The restrictions in China come at a time when Micron’s recent financial performance has been tough. Over Q2 FY’23 (fiscal year ends August) revenues fell by 52% year-over-year, as average realized prices for both DRAM and NAND declined about 20% sequentially. Demand from key markets, such as mobile and PCs, fell considerably, just as industry supply continued to grow. Overall demand growth for 2023 is also expected to be muted, with the company forecasting approximately 5% growth for DRAM – which sees relatively inelastic demand – and a low-teens percentage growth for NAND. Micron is guiding for a 55% year-over-year drop in revenues at the mid-point for its fiscal third quarter (ending May) as well. However, the markets are looking ahead toward recovery. The memory market could see improved supply-demand balance from the second half of this year, with major manufacturers including Samsung, SK Hynix, Micron, Western Digital, and Kioxia cutting production, in a move that could help to stem the decline in DRAM and NAND prices. Demand for PCs and smartphones could also be bottoming out, helping to revive demand to an extent. For perspective, PC sales declined by about 30% year-over-year in Q1 CY’2023, per Gartner, it’s likely that things will get better in the back half of this year, as excess inventories are absorbed over Q2 CY’2023. This could help to blunt the impact of the Chinese ban, to an extent. Moreover, the advent of generative AI tools such as the popular ChatGPT is also likely to drive up memory demand since these algorithms typically require more storage and RAM resources compared to other types of algorithms.

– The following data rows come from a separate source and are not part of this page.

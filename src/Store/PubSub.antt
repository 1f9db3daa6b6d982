-- ===== src/Store/PubSub.antt =====
-- The Pub/Sub tables of internal/store/pubsub.go.
pub mod Types
pub mod Filter
pub mod Topics
pub mod Subscriptions
pub mod Publish
pub mod Pull
pub mod Leases
pub mod Snapshots
pub mod Copies
pub mod Published
pub mod Moves
pub mod Leasing
pub mod Exclusive
pub mod LeaseLaws
pub mod Matching
pub mod DeadLetter
pub mod Valid
pub mod ValidSettings
pub mod ValidNames
pub mod ValidSubscriptions
pub mod ValidPublish
pub mod ValidPull
pub mod ValidLeases
pub mod PullTotal
pub mod Undisturbed
pub mod Calls
pub mod Steps
pub mod Quiet
pub mod LeaseHeld
pub mod WholeSecond
mod Tests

So, is Micron stock a buy at current levels of about $66 per share? We don’t think so. Micron’s valuation still appears rich, with the stock trading at about 100x forward earnings. There are also concerns about the global economy, amid high-interest rates and relatively stubborn inflation, which could weigh on consumer electronics sales, delaying the recovery in demand for memory players. We remain slightly negative on Micron stock with a $59 price estimate which is about 13% below the current market price. See our analysis of Micron’s valuation: Expensive or cheap for more details.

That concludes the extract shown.